Analysis, research, maps, and essays from Sorin Adam Matei.

July 4, 2006

Wherein Germany trails behind its eastern neighbors…

a version of this article was published in the Romanian language national daily “Evenimentul Zilei”

Dresden, one of the former East German cities reunited with the Federal Republic of Germany in 1990 has been finely restored over the past 15 years. A proud and strong city before World War II, almost razed in last months of war, the town has been slowly coming to life since reunification. Its path to recovery and renewed glory seems to be, however, still rough. Despite considerable investment in infrastructure and urban renewal, the living soul of the city appears to be just learning how to cope with the new post-communist environment. New buildings and industries, such as the hospitality and telecommunications, are still groping their way around, instead of forging ahead.
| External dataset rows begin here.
-- ===== src/Controller/Applying.antt =====
-- `apply`, and `HasChanged` of internal/controller/utils.go.
pub mod Refusal
use fork_kustomize_controlle.Prelude.{
  on_option, String, Bool, true, false, not, ◌&&◌, ◌||◌, Option, none, some, List, [], ◌∷◌, ◌++◌,
  map, any, select, ◌==◌, is_empty, if◌then◌else◌,
}
use fork_kustomize_controlle.Errors.{
  Err, Arg, str, Message, Result, err, wrapf, errorf, sprintf₁, nil, arg, Args,
}
use fork_kustomize_controlle.Api.{
  Labels, Kustomization, CommonMetadata, IgnoreRule, disabled_value, enabled_value, merge_value,
  if_not_present_value, ignore_value,
}
use fork_kustomize_controlle.Objects.{Unstructured, ChangeSetEntry, Action, skipped, unchanged}
use fork_kustomize_controlle.Controller.{
  Reconciler, ApplyOptions, FieldManager, apply_operation, update_operation, applied, get_label,
  info_severity, Outcome, Env, Exec, pure, raise, lift, call, get_obj, when, ◌>>=◌, ◌>>◌,
}
use fork_kustomize_controlle.Controller.Status.{event}

-- `HasChanged`
unfoldable pub has_changed : Action → Bool
has_changed skipped = false
has_changed unchanged = false
has_changed _ = true

-- `IsEncryptedSecret` and `IsDecryptionDisabled` of internal/decryptor/decryptor.go
unfoldable pub is_encrypted_secret : Env → Unstructured → Bool
is_encrypted_secret env u = u.kind == "Secret" && (env.objects.api_version u == "v1" && u.has_sops)

-- a missing annotation, or a nil map, gives the empty text
unfoldable pub is_decryption_disabled : Env → Labels → Bool
is_decryption_disabled env annotations =
    not (is_empty annotations)
    && env.equal_fold (get_label "kustomize.toolkit.fluxcd.io/decrypt" annotations) disabled_value

-- The objects for which `apply` returns an error before it applies anything.
abbrev pub is_refused : Env → Unstructured → Bool
is_refused env u = is_encrypted_secret env u && not (is_decryption_disabled env u.annotations)

-- The fields managed by kubectl and by the managers that are disallowed are taken back.
unfoldable disallowed : List String → List FieldManager
disallowed [] = []
disallowed (m ∷ ms) =
    record { name = m; operation_type = apply_operation }
    ∷ record { name = m; operation_type = update_operation }
    ∷ disallowed ms

unfoldable pub field_managers : Reconciler → List FieldManager
unfolding disallowed
field_managers r =
    record { name = "kubectl"; operation_type = apply_operation }
    ∷ record { name = "kubectl"; operation_type = update_operation }
    ∷ record { name = "before-first-apply"; operation_type = update_operation }
    ∷ record { name = r.controller_name; operation_type = update_operation }
    ∷ disallowed r.disallowed_field_managers

module _ (r : Reconciler) (env : Env) where
  abbrev rules_or : List IgnoreRule → List IgnoreRule → List IgnoreRule
  rules_or [] default = default
  rules_or (i ∷ is) default = i ∷ is

  unfoldable pub apply_options : Kustomization → ApplyOptions
  unfolding field_managers
  apply_options obj = record {
    force = obj.spec.force;
    exclusion_selector =
        ("kustomize.toolkit.fluxcd.io/reconcile", disabled_value)
        ∷ ("kustomize.toolkit.fluxcd.io/ssa", ignore_value)
        ∷ [];
    if_not_present_selector = ("kustomize.toolkit.fluxcd.io/ssa", if_not_present_value) ∷ [];
    force_selector = ("kustomize.toolkit.fluxcd.io/force", enabled_value) ∷ [];
    custom_stage_kinds = r.custom_stage_kinds;
    migrate_api_version = r.migrate_api_version;
    drift_ignore_rules = rules_or obj.spec.ignore env.default_apply_options.drift_ignore_rules;
    cleanup_annotations =
        "kubectl.kubernetes.io/last-applied-configuration" ∷ "kustomize.toolkit.fluxcd.io/checksum"
        ∷ "fluxcd.io/sync-checksum" ∷ [];
    cleanup_labels = "fluxcd.io/sync-gc-mark" ∷ [];
    cleanup_field_managers = field_managers r;
    cleanup_exclusions = ("kustomize.toolkit.fluxcd.io/ssa", merge_value) ∷ [];
  }

  abbrev with_common_metadata : Option CommonMetadata → List Unstructured → List Unstructured
  with_common_metadata none us = us
  with_common_metadata (some m) us = env.set_common_metadata m.labels m.annotations us

  -- The loop that refuses encrypted secrets: the error is about the first one.
  unfoldable pub refuse_encrypted : List Unstructured → Result (Unit {0})
  refuse_encrypted [] = Result.ok tt
  refuse_encrypted (u ∷ us) =
      let rest = refuse_encrypted us in
      if is_refused env u
      then err (
          errorf (
            sprintf₁
              "%s is SOPS encrypted, configuring decryption is required for this secret to be reconciled"
              (env.format_unstructured u)))
      else rest

  -- The lines of the change log, one for each entry that changed something.
  unfoldable pub change_log : List ChangeSetEntry → List String
  unfolding has_changed
  change_log entries = map (λ e. env.format_entry e) (select (λ e. has_changed e.action) entries)

  abbrev pub log_args : List String → Args
  log_args [] = nil
  log_args (l ∷ ls) = arg (str l) (log_args ls)

  -- the lines, each but the last with a line break behind it
  abbrev pub log_message : List String → Message
  log_message ls = Arg.printf "%s" (log_args ls)

  -- `applyLog == ""`: there is no line, or one empty line, whose line break is trimmed
  abbrev pub is_blank : List String → Bool
  is_blank [] = true
  is_blank (l ∷ []) = l == ""
  is_blank (l ∷ m ∷ ls) = false

  abbrev pub entries_or_none : Option (List ChangeSetEntry) → List ChangeSetEntry
  entries_or_none none = []
  entries_or_none (some es) = es

  -- `ApplyAllStaged` is called if there are objects. With its error the log of what was changed
  -- so far is returned.
  unfoldable pub apply_objects : Kustomization → List Unstructured → Exec (List ChangeSetEntry)
  unfolding change_log
  apply_objects obj [] = pure []
  apply_objects obj (u ∷ us) = do
    out ←
        call (applied (u ∷ us) (apply_options obj))
          (λ h. env.apply_all_staged h (u ∷ us) (apply_options obj))
    let entries = entries_or_none out.value
    on_option out.error (pure entries) (λ e. raise (wrapf (log_message (change_log entries)) e))

  -- `apply`: whether something was logged, and the change set.
  unfoldable pub apply : String → String → List Unstructured → Exec (Bool × List ChangeSetEntry)
  unfolding refuse_encrypted apply_objects change_log
  apply revision origin_revision objects = do
    obj ← get_obj
    normal ← lift (env.normalize objects)
    let us = with_common_metadata obj.spec.common_metadata normal
    lift (refuse_encrypted us)
    entries ← apply_objects obj us
    let log = change_log entries
    when (not (is_blank log))
        (event env revision origin_revision info_severity (log_message log) [])
    pure (not (is_blank log), entries)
You can see it in the anemic development of public access to wireless Internet communication and in the demeanor of the local hotel clerks and waiters. As much as the Germans have tried to repair the wounds of the past, the manner in which this was done, from above and from West to East, seems to be at odds with the ultimate goal reunification, that of creating a self-sustaining, dynamic future for both Germanies. A few observations and a couple of comparisons with situations found in other countries that have gone through the communist experience will try to illustrate this, for some at least, paradoxical situation.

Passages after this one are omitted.